### PROBLEM TO SOLVE
Could you output every record again, exactly as given?

--- MATERIAL TO PROCESS Enclosed Below ---

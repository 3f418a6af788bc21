-- ===== src/Examples/Primitives.antt =====
-- The digest at known inputs.
use cpe_acs_connector_tr.Base.{◌≡◌, refl, Bytes, codes}
use cpe_acs_connector_tr.Md5.Reference.{block_processed}
use cpe_acs_connector_tr.Md5.Rounds.{md5_chunk-block_processed}
use cpe_acs_connector_tr.Md5.{padded, md5_chunk, initial_digest, md5_hex}
use cpe_acs_connector_tr.Md5.Padding.{IsPadding, padded-IsPadding}

padded-IsPadding_example : IsPadding (codes "abc") (padded (codes "abc"))
padded-IsPadding_example = padded-IsPadding (codes "abc")

-- A block of 64 bytes.
abbrev block : Bytes
block = codes "abcdefghijklmnopqrstuvwxyzABCDEFGHIJKLMNOPQRSTUVWXYZ0123456789./"

md5_chunk-block_processed_example :
    md5_chunk block initial_digest ≡ block_processed block initial_digest
unfolding codes
md5_chunk-block_processed_example = md5_chunk-block_processed block initial_digest refl

-- The digest of RFC 1321 for this text.
md5_hex_abc : md5_hex (codes "abc") ≡ codes "900150983cd24fb0d6963f7d28e17f72"
unfolding md5_hex codes
md5_hex_abc = refl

--- End of Enclosed MATERIAL TO PROCESS ---

### EXERCISE RESULT
repository 3f418a6af788bc21
-- ===== src/Examples/Primitives.antt =====
-- The digest at known inputs.
use cpe_acs_connector_tr.Base.{◌≡◌, refl, Bytes, codes}
use cpe_acs_connector_tr.Md5.Reference.{block_processed}
use cpe_acs_connector_tr.Md5.Rounds.{md5_chunk-block_processed}
use cpe_acs_connector_tr.Md5.{padded, md5_chunk, initial_digest, md5_hex}
use cpe_acs_connector_tr.Md5.Padding.{IsPadding, padded-IsPadding}

padded-IsPadding_example : IsPadding (codes "abc") (padded (codes "abc"))
padded-IsPadding_example = padded-IsPadding (codes "abc")

-- A block of 64 bytes.
abbrev block : Bytes
block = codes "abcdefghijklmnopqrstuvwxyzABCDEFGHIJKLMNOPQRSTUVWXYZ0123456789./"

md5_chunk-block_processed_example :
    md5_chunk block initial_digest ≡ block_processed block initial_digest
unfolding codes
md5_chunk-block_processed_example = md5_chunk-block_processed block initial_digest refl

-- The digest of RFC 1321 for this text.
md5_hex_abc : md5_hex (codes "abc") ≡ codes "900150983cd24fb0d6963f7d28e17f72"
unfolding md5_hex codes
md5_hex_abc = refl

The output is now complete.